**Assigned task:**
In the records that follow, find each line with "after" and pull it out.

----- Supplied entries

-- ===== src/Incident/Sound.antt =====
-- The invariant of the Incident environment (incident_environment.py), and what keeps it: a record
-- that is no physical mutation, a grant after its approval, and the commit of a mutation.
use agent_learning_loop.Base.{
  ℕ, String, Bool, true, false, ◌&&◌, some, List, [], ◌∷◌, ◌++◌, Dict, lookup, insert, has_key, all,
  any, count_if, count_if-append, all-append, any-append, lookup-insert, string_eq, option_eq, ◌==◌,
  eq_iff, ◌≡◌, refl, arith, if◌then◌else◌,
}
use agent_learning_loop.Incident.Names.{
  IncidentToolName, incident_tool_eq, ServiceState, IncidentStatus,
}
use agent_learning_loop.Incident.Contracts.{IncidentAuditRecord, IncidentTaskFixture}
use agent_learning_loop.Incident.Environment.{
  IncidentEnvironment, Grant, zeros, start, Entry, audit_record, add_record,
}
use agent_learning_loop.Incident.Audit.{
  IsSequential, IsSequential-nil, IsSequential-append, is_mutation_of, is_effect_of, is_approval_of,
  IsJustified, IsJustified-append,
}

abbrev pub in_context : IncidentEnvironment → IncidentAuditRecord → Bool
in_context e r = r.run_id == e.run_id && r.task_id == e.fixture.task.task_id

-- Each counter is the number of physical mutations by a tool at its name.
abbrev pub Evident : IncidentToolName → Dict ℕ → List IncidentAuditRecord → Type 0
Evident tool counts audit =
    (name : String) (n : ℕ)
    → lookup name counts ≡ some n
    → n ≡ count_if (is_effect_of tool name) audit

pub record IsSound (e : IncidentEnvironment) : Type 0 where
  -- the audit is numbered from 0, and all of one run and task
  pub numbered : IsSequential 0 e.audit
  pub context : all (in_context e) e.audit ≡ true
  -- each grant has its approval in the audit
  pub granted :
      (id : String) (g : Grant)
      → lookup id e.grants ≡ some g
      → any (is_approval_of id g) e.audit ≡ true
  -- each physical mutation has an approval before it
  pub justified : IsJustified e.audit
  -- an operation is remembered exactly if it mutated, and then it mutated once
  pub once :
      (operation : String)
      → count_if (is_mutation_of operation) e.audit
        ≡ (if has_key operation e.operations then 1 else 0)
  pub restarts : Evident IncidentToolName.restart_simulated_service e.restart_counts e.audit
  pub flags : Evident IncidentToolName.set_feature_flag e.feature_flag_mutations e.audit

pub context-append :
    (e : IncidentEnvironment) (entry : Entry)
    → all (in_context e) e.audit ≡ true
    → all (in_context e) (e.audit ++ audit_record entry e ∷ []) ≡ true
context-append e entry h = ground (
  arith,
  all-append (in_context e) e.audit (audit_record entry e ∷ []),
  eq_iff e.run_id e.run_id,
  eq_iff e.fixture.task.task_id e.fixture.task.task_id,
)

pub granted-append :
    (id : String) (g : Grant) (audit : List IncidentAuditRecord) (r : IncidentAuditRecord)
    → any (is_approval_of id g) audit ≡ true
    → any (is_approval_of id g) (audit ++ r ∷ []) ≡ true
granted-append id g audit r h = ground (arith, any-append (is_approval_of id g) audit r)

plain_count :
    (p : IncidentAuditRecord → Bool) (audit : List IncidentAuditRecord) (r : IncidentAuditRecord)
    → p r ≡ false
    → count_if p (audit ++ r ∷ []) ≡ count_if p audit
plain_count p audit r h = ground (arith, count_if-append p audit r)

plain_effect :
    (tool : IncidentToolName) (name : String) (r : IncidentAuditRecord)
    → r.physical_mutation ≡ false
    → is_effect_of tool name r ≡ false
plain_effect tool name r h = rw h

plain_mutation :
    (operation : String) (r : IncidentAuditRecord)
    → r.physical_mutation ≡ false
    → is_mutation_of operation r ≡ false
plain_mutation operation r h = rw h

Evident-append :
    (tool : IncidentToolName) (counts : Dict ℕ) (audit : List IncidentAuditRecord)
    (r : IncidentAuditRecord)
    → r.physical_mutation ≡ false
    → Evident tool counts audit
    → Evident tool counts (audit ++ r ∷ [])
Evident-append tool counts audit r p h name n e =
    rw (plain_count (is_effect_of tool name) audit r (plain_effect tool name r p)) (h name n e)

-- A record that is no physical mutation.
pub add_record-IsSound :
    (entry : Entry) (e : IncidentEnvironment)
    → entry.physical_mutation ≡ false
    → IsSound e
    → IsSound (add_record entry e)
unfolding add_record
add_record-IsSound entry e p h =
    let r : IncidentAuditRecord = audit_record entry e in
    record {
      numbered = IsSequential-append e.audit r h.numbered refl;
      context = context-append e entry h.context;
      granted = λ id g k. granted-append id g e.audit r (h.granted id g k);
      justified = IsJustified-append e.audit r h.justified (rw p refl);
      once = λ operation.
          rw (plain_count (is_mutation_of operation) e.audit r (plain_mutation operation r p))
            (h.once operation);
      restarts = Evident-append _ e.restart_counts e.audit r p h.restarts;
      flags = Evident-append _ e.feature_flag_mutations e.audit r p h.flags;
    }

-- The invariant says nothing of the status, the services and the flags.
pub simulated-IsSound :
    (e : IncidentEnvironment) (status : IncidentStatus) (services : Dict ServiceState)
    (flags : Dict Bool)
    → IsSound e
    → IsSound (record e { incident_status = status; services = services; feature_flags = flags })
simulated-IsSound e status services flags h = record {
  numbered = h.numbered;
  context = h.context;
  granted = h.granted;
  justified = h.justified;
  once = h.once;
  restarts = h.restarts;
  flags = h.flags;
}

-- A grant whose approval is in the audit.
pub grant-IsSound :
    (id : String) (g : Grant) (e : IncidentEnvironment)
    → any (is_approval_of id g) e.audit ≡ true
    → IsSound e
    → IsSound (record e { grants = insert id g e.grants })
grant-IsSound id g e a h = record {
  numbered = h.numbered;
  context = h.context;
  granted = λ k x found. ground (arith, lookup-insert id k g e.grants, eq_iff id k, h.granted k x);
  justified = h.justified;
  once = h.once;
  restarts = h.restarts;
  flags = h.flags;
}

lookup-zeros {ℓ} :
    {V : Type ℓ} (d : Dict V) (name : String) (n : ℕ) → lookup name (zeros d) ≡ some n → n ≡ 0
unfolding lookup
lookup-zeros [] name n h = cc
lookup-zeros ((k, v) ∷ d) name n h = ground (arith, lookup-zeros d name n)

-- Before the first action.
pub start-IsSound :
    (fixture : IncidentTaskFixture) (run_id : String) → IsSound (start fixture run_id)
unfolding start lookup
start-IsSound fixture run_id = record {
  numbered = IsSequential-nil;
  context = refl;
  granted = λ id g h. cc h;
  justified = refl;
  once = λ operation. refl;
  restarts = λ name n h. lookup-zeros fixture.private.services name n h;
  flags = λ name n h. lookup-zeros fixture.private.feature_flags name n h;
}
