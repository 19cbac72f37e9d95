-- ===== src/Incident/Committed.antt =====
-- The commit of a mutation (`_high_impact` of incident_environment.py) keeps the invariant.
use agent_learning_loop.Base.{
  ℕ, ◌+◌, String, Bool, true, none, some, List, [], ◌∷◌, ◌++◌, Dict, lookup, insert, has_key,
  count_if, count_if-append, lookup-insert, string_eq, option_eq, eq_iff, Stdlib, ◌≡◌, ◌≢◌, refl,
  arith, if◌then◌else◌, any,
}
use agent_learning_loop.Incident.Names.{
  IncidentToolName, incident_tool_eq, incident_tool_beq_iff, ServiceState, IncidentStatus,
}
use agent_learning_loop.Incident.Contracts.{IncidentAuditRecord, IncidentToolResult}
use agent_learning_loop.Incident.Environment.{
  IncidentEnvironment, Grant, Operation, audit_record, add_record,
}
use agent_learning_loop.Incident.HighImpact.{
  Request, executed_entry, approval_fingerprint, commit, permits,
}
use agent_learning_loop.Incident.Audit.{
  IsSequential-append, is_mutation_of, is_effect_of, IsJustified-append, approves,
  approved_by_grant,
}
use agent_learning_loop.Incident.Sound.{IsSound, Evident, context-append, granted-append}

-- A counter goes up with the mutation that it counts.
pub Evident-bump :
    (tool : IncidentToolName) (target : String) (n : ℕ) (counts : Dict ℕ)
    (audit : List IncidentAuditRecord) (r : IncidentAuditRecord)
    → lookup target counts ≡ some n
    → r.physical_mutation ≡ true
    → r.tool_name ≡ some tool
    → r.target ≡ target
    → Evident tool counts audit
    → Evident tool (insert target (n + 1) counts) (audit ++ r ∷ [])
Evident-bump tool target n counts audit r found p t at h name m e = ground (
  arith,
  lookup-insert target name (n + 1) counts,
  eq_iff target name,
  eq_iff r.target name,
  incident_tool_beq_iff tool tool,
  count_if-append (is_effect_of tool name) audit r,
  h name m,
  h target n,
)

-- A mutation by another tool leaves a counter's evidence.
pub Evident-other :
    (tool other : IncidentToolName) (counts : Dict ℕ) (audit : List IncidentAuditRecord)
    (r : IncidentAuditRecord)
    → r.tool_name ≡ some other
    → tool ≢ other
    → Evident tool counts audit
    → Evident tool counts (audit ++ r ∷ [])
Evident-other tool other counts audit r t ne h name m e = ground (
  arith,
  incident_tool_beq_iff other tool,
  count_if-append (is_effect_of tool name) audit r,
  h name m,
)

-- The operation that mutated is remembered, and no other is.
once-commit :
    (operation k : String) (op : Operation) (operations : Dict Operation)
    (audit : List IncidentAuditRecord) (r : IncidentAuditRecord)
    → r.physical_mutation ≡ true
    → r.operation_id ≡ some operation
    → lookup operation operations ≡ none
    → count_if (is_mutation_of k) audit ≡ (if has_key k operations then 1 else 0)
    → count_if (is_mutation_of k) (audit ++ r ∷ [])
      ≡ (if has_key k (insert operation op operations) then 1 else 0)
once-commit operation k op operations audit r p o fresh h = ground (
  arith,
  count_if-append (is_mutation_of k) audit r,
  lookup-insert operation k op operations,
  eq_iff operation k,
)

permitted :
    (lib : Stdlib) (r : Request) (e : IncidentEnvironment) (g : Grant)
    → permits lib r e (some g) ≡ true
    → (r.action.tool_name ≡ g.rule.tool_name)
      × (r.target ≡ g.rule.target)
      × (approval_fingerprint lib r ≡ g.fingerprint)
permitted lib r e g h = ground (
  arith,
  incident_tool_beq_iff g.rule.tool_name r.action.tool_name,
  eq_iff g.rule.target r.target,
  eq_iff g.fingerprint (approval_fingerprint lib r),
)

module _ (lib : Stdlib) (r : Request) (result : IncidentToolResult) (e : IncidentEnvironment)
    (g : Grant) (services : Dict ServiceState) (feature_flags : Dict Bool) (status : IncidentStatus)
    (restarts flags : Dict ℕ) where
  -- the environment after the mutation
  abbrev changed : IncidentEnvironment
  changed = record e {
    services = services;
    feature_flags = feature_flags;
    incident_status = status;
    restart_counts = restarts;
    feature_flag_mutations = flags;
  }

  abbrev mutation_record : IncidentAuditRecord
  mutation_record = audit_record (executed_entry lib r true) e

  approved_mutation :
      IsSound e
      → lookup r.approval_id e.grants ≡ some g
      → permits lib r e (some g) ≡ true
      → any (approves mutation_record) e.audit ≡ true
  approved_mutation h granted permit =
      let (tool, target, fingerprint) = permitted lib r e g permit in
      approved_by_grant e.audit mutation_record r.approval_id g h.numbered
        (h.granted r.approval_id g granted) refl refl (rw tool) target (rw fingerprint)

  -- A mutation that a grant permits, of an operation that has not run, with counters that agree with
  -- the longer audit.
  pub commit-IsSound :
      IsSound e
      → lookup r.approval_id e.grants ≡ some g
      → permits lib r e (some g) ≡ true
      → lookup r.operation_id e.operations ≡ none
      → Evident IncidentToolName.restart_simulated_service restarts
          (e.audit ++ mutation_record ∷ [])
      → Evident IncidentToolName.set_feature_flag flags (e.audit ++ mutation_record ∷ [])
      → IsSound (commit lib r result changed)
  unfolding add_record
  commit-IsSound h granted permit fresh restarts_agree flags_agree = record {
    numbered = IsSequential-append e.audit mutation_record h.numbered refl;
    context = context-append e (executed_entry lib r true) h.context;
    granted = λ id x found. granted-append id x e.audit mutation_record (h.granted id x found);
    justified =
        IsJustified-append e.audit mutation_record h.justified (approved_mutation h granted permit);
    once = λ k.
        once-commit r.operation_id k _ e.operations e.audit mutation_record refl refl fresh
          (h.once k);
    restarts = restarts_agree;
    flags = flags_agree;
  }
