-- ===== src/Incident/Kept.antt =====
-- incident_environment.py: the tools that observe, acknowledge, escalate and ask for an approval keep
-- the invariant.
use agent_learning_loop.Base.{
  String, Bool, true, Option, none, some, List, lookup, any, any_last, find?, find?-passes,
  string_eq, option_eq, ◌==◌, eq_iff, Stdlib, canonical_sha256, JsonValue, obj, fields, ◌≡◌, refl,
  sym, arith, if_intro, Bool-cases, inl, inr,
}
use agent_learning_loop.Incident.Names.{
  IncidentToolName, incident_tool_eq, incident_tool_beq_iff, ServiceState, AuditDecision,
}
use agent_learning_loop.Incident.Contracts.{IncidentApprovalRule, IncidentAction, action_object}
use agent_learning_loop.Incident.Environment.{
  IncidentEnvironment, Grant, Answer, add_record, reject_with, reject, target_of,
}
use agent_learning_loop.Incident.Observe.{
  get_service_status, read_service_logs, inspect_service_config, report_state, report_logs,
  report_flag,
}
use agent_learning_loop.Incident.Approvals.{
  is_closed, tool_of_text, matches_rule, approval_entry, deny_unmatched, apply_rule, decide_request,
  request_parts, request_approval,
}
use agent_learning_loop.Incident.Execute.{all_healthy, acknowledge, escalate, escalate_for}
use agent_learning_loop.Incident.Audit.{is_approval_of}
use agent_learning_loop.Incident.Sound.{
  IsSound, add_record-IsSound, simulated-IsSound, grant-IsSound,
}

pub reject_with-IsSound :
    (action : IncidentAction) (category target : String)
    (approval operation fingerprint : Option String) (e : IncidentEnvironment)
    → IsSound e
    → IsSound (reject_with action category target approval operation fingerprint e).1
unfolding reject_with
reject_with-IsSound action category target approval operation fingerprint e h =
    add_record-IsSound _ e refl h

pub reject-IsSound :
    (action : IncidentAction) (category target : String) (e : IncidentEnvironment)
    → IsSound e
    → IsSound (reject action category target e).1
reject-IsSound action category target e h =
    reject_with-IsSound action category target none none none e h

report_state-IsSound :
    (state : Option ServiceState) (action : IncidentAction) (target : String)
    (e : IncidentEnvironment)
    → IsSound e
    → IsSound (report_state state action target e).1
report_state-IsSound none action target e h = reject-IsSound action _ target e h
report_state-IsSound (some state) action target e h = add_record-IsSound _ e refl h

pub get_service_status-IsSound :
    (action : IncidentAction) (e : IncidentEnvironment)
    → IsSound e
    → IsSound (get_service_status action e).1
unfolding get_service_status
get_service_status-IsSound action e h =
    report_state-IsSound (lookup (target_of action) e.services) action (target_of action) e h

report_logs-IsSound :
    (redact : String → String) (state : Option ServiceState) (action : IncidentAction)
    (target : String) (e : IncidentEnvironment)
    → IsSound e
    → IsSound (report_logs redact state action target e).1
report_logs-IsSound redact none action target e h = reject-IsSound action _ target e h
report_logs-IsSound redact (some state) action target e h = add_record-IsSound _ e refl h

pub read_service_logs-IsSound :
    (redact : String → String) (action : IncidentAction) (e : IncidentEnvironment)
    → IsSound e
    → IsSound (read_service_logs redact action e).1
unfolding read_service_logs
read_service_logs-IsSound redact action e h =
    report_logs-IsSound redact (lookup (target_of action) e.services) action (target_of action) e h

report_flag-IsSound :
    (enabled : Option Bool) (action : IncidentAction) (target : String) (e : IncidentEnvironment)
    → IsSound e
    → IsSound (report_flag enabled action target e).1
report_flag-IsSound none action target e h = reject-IsSound action _ target e h
report_flag-IsSound (some enabled) action target e h = add_record-IsSound _ e refl h

pub inspect_service_config-IsSound :
    (action : IncidentAction) (e : IncidentEnvironment)
    → IsSound e
    → IsSound (inspect_service_config action e).1
unfolding inspect_service_config
inspect_service_config-IsSound action e h =
    report_flag-IsSound (lookup (target_of action) e.feature_flags) action (target_of action) e h

module _ (rule : IncidentApprovalRule) (fingerprint : String) (e : IncidentEnvironment) where
  abbrev given : Grant
  given = record {
    rule = rule;
    fingerprint = fingerprint;
    run_id = e.run_id;
    task_id = e.fixture.task.task_id;
  }

  -- the audit after an approval has the approval that its grant needs
  granted_by :
      any
        (is_approval_of rule.approval_id given)
        (add_record
          (approval_entry rule.tool_name rule.target fingerprint AuditDecision.approved
            (some rule.approval_id))
          e).audit
      ≡ true
  unfolding add_record
  granted_by = any_last (is_approval_of rule.approval_id given) e.audit _ (
      ground (
        arith,
        eq_iff rule.approval_id rule.approval_id,
        eq_iff rule.target rule.target,
        eq_iff fingerprint fingerprint,
        incident_tool_beq_iff rule.tool_name rule.tool_name,
      ))

  applied : IsSound e → IsSound (apply_rule rule rule.target fingerprint e).1
  unfolding add_record
  applied h = elim (Bool-cases rule.approves) [
    | inl approved ↦
        simp approved
          (grant-IsSound rule.approval_id given _ granted_by (add_record-IsSound _ e refl h))
    | inr denied ↦ simp denied (add_record-IsSound _ e refl h)
  ]

-- a rule is applied to the target that it is for
apply_rule-IsSound :
    (rule : IncidentApprovalRule) (target fingerprint : String) (e : IncidentEnvironment)
    → rule.target ≡ target
    → IsSound e
    → IsSound (apply_rule rule target fingerprint e).1
apply_rule-IsSound rule target fingerprint e t h = rw (sym t) (applied rule fingerprint e h)

deny_unmatched-IsSound :
    (tool : Option IncidentToolName) (target fingerprint : String) (e : IncidentEnvironment)
    → IsSound e
    → IsSound (deny_unmatched tool target fingerprint e).1
deny_unmatched-IsSound none target fingerprint e h = h
deny_unmatched-IsSound (some tool) target fingerprint e h =
    if_intro (λ (x : Answer). IsSound x.1) (target == "") _ _ (λ _. h)
      (λ _. add_record-IsSound _ e refl h)

decide_request-IsSound :
    (rule : Option IncidentApprovalRule) (tool target fingerprint : String)
    (e : IncidentEnvironment)
    → ((r : IncidentApprovalRule) → rule ≡ some r → r.target ≡ target)
    → IsSound e
    → IsSound (decide_request rule tool target fingerprint e).1
decide_request-IsSound none tool target fingerprint e t h =
    deny_unmatched-IsSound (tool_of_text tool) target fingerprint e h
decide_request-IsSound (some rule) tool target fingerprint e t h =
    apply_rule-IsSound rule target fingerprint e (t rule refl) h

same_target :
    (lib : Stdlib) (tool target fingerprint : String) (rules : List IncidentApprovalRule)
    (rule : IncidentApprovalRule)
    → find? (matches_rule lib tool target fingerprint) rules ≡ some rule
    → rule.target ≡ target
unfolding matches_rule
same_target lib tool target fingerprint rules rule h = ground (
  arith,
  eq_iff rule.target target,
  find?-passes (matches_rule lib tool target fingerprint) rules rule h,
)

request_parts-IsSound :
    (lib : Stdlib) (action : IncidentAction) (tool target : Option String)
    (arguments : Option JsonValue) (e : IncidentEnvironment)
    → IsSound e
    → IsSound (request_parts lib action tool target arguments e).1
request_parts-IsSound lib action (some tool) (some target) (some (obj arguments)) e h =
    decide_request-IsSound
      (find?
        (matches_rule lib tool target
          (canonical_sha256 lib (obj (fields (action_object tool target (obj arguments))))))
        e.fixture.private.approvals)
      tool target _ e (λ rule found. same_target lib tool target _ _ rule found) h
request_parts-IsSound lib action _ _ _ e h = reject-IsSound action _ "task" e h

pub request_approval-IsSound :
    (lib : Stdlib) (action : IncidentAction) (e : IncidentEnvironment)
    → IsSound e
    → IsSound (request_approval lib action e).1
unfolding request_approval
request_approval-IsSound lib action e h =
    if_intro (λ (x : Answer). IsSound x.1) (is_closed e.incident_status) _ _
      (λ _. reject-IsSound action "incident_terminal" "incident" e h)
      (λ _. request_parts-IsSound lib action _ _ _ e h)

pub acknowledge-IsSound :
    (action : IncidentAction) (e : IncidentEnvironment)
    → IsSound e
    → IsSound (acknowledge action e).1
unfolding acknowledge
acknowledge-IsSound action e h =
    if_intro (λ (x : Answer). IsSound x.1) (is_closed e.incident_status) _ _
      (λ _. reject-IsSound action _ "incident" e h)
      (λ _.
        if_intro (λ (x : Answer). IsSound x.1) (all_healthy e.services) _ _
          (λ _. add_record-IsSound _ _ refl (simulated-IsSound e _ _ _ h))
          (λ _. reject-IsSound action _ "incident" e h))

escalate_for-IsSound :
    (reason : Option String) (action : IncidentAction) (e : IncidentEnvironment)
    → IsSound e
    → IsSound (escalate_for reason action e).1
escalate_for-IsSound none action e h = reject-IsSound action _ "incident" e h
escalate_for-IsSound (some reason) action e h =
    add_record-IsSound _ _ refl (simulated-IsSound e _ _ _ h)

pub escalate-IsSound :
    (action : IncidentAction) (e : IncidentEnvironment) → IsSound e → IsSound (escalate action e).1
unfolding escalate
escalate-IsSound action e h =
    if_intro (λ (x : Answer). IsSound x.1) (is_closed e.incident_status) _ _
      (λ _. reject-IsSound action _ "incident" e h) (λ _. escalate_for-IsSound _ action e h)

----------

**Result:**
-- that is no physical mutation, a grant after its approval, and the commit of a mutation.
  -- the environment after the mutation
  -- the audit after an approval has the approval that its grant needs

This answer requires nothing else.